No, not a cigar clipper, although that's a very good guess.



That Guy said:


> Why oh why oh why did I ever wish to see "What Is It?" again?!?!?
> 
> A circumciser . . . ?



I KNEW you were going to say that! I just KNEW it!

GMTA - Great Minds Think Alike.

Alas ... no.


----------



## SeaBreeze (Jul 14, 2013)

Pipe or hose cutter?


----------



## Phantom (Jul 14, 2013)

Lamp wick trimmer ??


----------



## Anne (Jul 14, 2013)

It looks like part of an old piece of jewelry, but I doubt it.....

what room would it be mostly used in??  Or the barn, maybe???


----------



## SifuPhil (Jul 14, 2013)

SeaBreeze said:


> Pipe or hose cutter?





Phantom said:


> Lamp wick trimmer ??



Neither, sorry. As always, though, interesting guesses. 



Anne said:


> It looks like part of an old piece of jewelry, but I doubt it.....
> 
> what room would it be mostly used in??  Or the barn, maybe???
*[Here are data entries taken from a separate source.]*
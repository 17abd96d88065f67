-- ===== src/Subprotocol/Validation.antt =====
-- Names are checked wherever they come from.
use ws_fabric.Prelude.{
  ◌≡◌, ◌⊎◌, ◌∙◌, true, false, List, [], ◌∷◌, ◌++◌, Text, arith, all, All, append-nil, append_assoc,
  inl, inr, Bool-cases,
}
use ws_fabric.Error.{Error, ok, err}
use ws_fabric.Text.{Unicode, is_empty, split, trim}
use ws_fabric.Subprotocol.{
  SubprotocolList, empty_list, validate_protocol, with_protocol, add_all, from_slice, collect,
  parse_header, is_name_char,
}

module _ (u : Unicode) where
  -- A name: not empty, of letters, digits, hyphens and underscores.
  pub record IsName (p : Text) : Type 0 where
    pub not_empty : is_empty p ≡ false
    pub chars : all (is_name_char u) p ≡ true

  pub validate_protocol-IsName : (p : Text) → validate_protocol u p ≡ ok tt → IsName p
  unfolding validate_protocol
  validate_protocol-IsName p h = record { not_empty = ground arith; chars = ground arith }

  pub IsName-validate_protocol : (p : Text) → IsName p → validate_protocol u p ≡ ok tt
  unfolding validate_protocol
  IsName-validate_protocol p h = rw (h.not_empty, h.chars)

  pub validate_protocol_cases :
      (p : Text)
      → (IsName p × (validate_protocol u p ≡ ok tt))
        ⊎ ((¬ IsName p) × (validate_protocol u p ≡ err Error.invalid_subprotocol))
  validate_protocol_cases p = elim (Bool-cases (is_empty p)) [
    | inl e ↦ inr ((λ h. cc (h.not_empty)), unfold validate_protocol in rw e)
    | inr e ↦ elim (Bool-cases (all (is_name_char u) p)) [
      | inl a ↦
          let h : IsName p = record { not_empty = e; chars = a } in
          inl (h, IsName-validate_protocol p h)
      | inr a ↦ inr ((λ h. cc (h.chars)), unfold validate_protocol in rw (e, a))
    ]
  ]

  abbrev pub AreNames : List Text → Type 0
  AreNames = All IsName

  collect-AreNames : (pieces : List Text) → AreNames (collect u pieces)
  unfolding collect
  collect-AreNames [] = tt
  collect-AreNames (piece ∷ pieces) = elim (validate_protocol_cases (trim u piece)) [
    | inl (name, valid) ↦ rw (name.not_empty, valid) (name, collect-AreNames pieces)
    | inr (_, invalid) ↦ elim (Bool-cases (is_empty (trim u piece))) [
      | inl e ↦ rw e (collect-AreNames pieces)
      | inr e ↦ rw (e, invalid) (collect-AreNames pieces)
    ]
  ]

  -- Whatever the header, `parse_header` yields only valid names.
  pub parse_header-AreNames : (header : Text) → AreNames (parse_header u header).protocols
  unfolding parse_header
  parse_header-AreNames header = collect-AreNames (split b',' header)

  add_all_cases :
      (l : SubprotocolList) (ps : List Text)
      → ((AreNames ps) × (add_all u l ps ≡ ok (record { protocols = l.protocols ++ ps })))
        ⊎ ((¬ (AreNames ps)) × (add_all u l ps ≡ err Error.invalid_subprotocol))
  unfolding add_all with_protocol
  add_all_cases l [] = inl (tt, rw append-nil)
  add_all_cases l (p ∷ ps) = elim (validate_protocol_cases p) [
    | inr (bad, invalid) ↦ inr ((λ h. bad h.0), rw invalid)
    | inl (name, valid) ↦ elim (add_all_cases (record { protocols = l.protocols ++ p ∷ [] }) ps) [
      | inl (names, done) ↦ inl ((name, names), rw valid (done ∙ rw append_assoc))
      | inr (bad, invalid) ↦ inr ((λ h. bad h.1), rw valid invalid)
    ]
  ]

  -- `from_slice` takes a slice of valid names as it stands, and refuses any other.
  pub from_slice_cases :
      (ps : List Text)
      → ((AreNames ps) × (from_slice u ps ≡ ok (record { protocols = ps })))
        ⊎ ((¬ (AreNames ps)) × (from_slice u ps ≡ err Error.invalid_subprotocol))
  unfolding from_slice
  from_slice_cases ps = add_all_cases empty_list ps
Well, I suppose it _could_ be used in _any_ room, but I believe it was mainly used in the kitchen or dining room.

I feel bad for y'all - here, I'll tell you what it is ...



It's a happy face!



Naw, just kidding ...


----------



## JustBonee (Jul 14, 2013)

Looks like a character from a kiddy TV show...:stirthepot:    ....  or some kind of bottle/can opener


----------



## SeaBreeze (Jul 14, 2013)

Cork remover?


----------



## Happyflowerlady (Jul 14, 2013)

It looks like something  that you could put your fingers through to get a good grip on it. Maybe some kind of a bottle opener  ?


----------



## Anne (Jul 14, 2013)

Happyflowerlady said:


> It looks like something  that you could put your fingers through to get a good grip on it. Maybe some kind of a bottle opener  ?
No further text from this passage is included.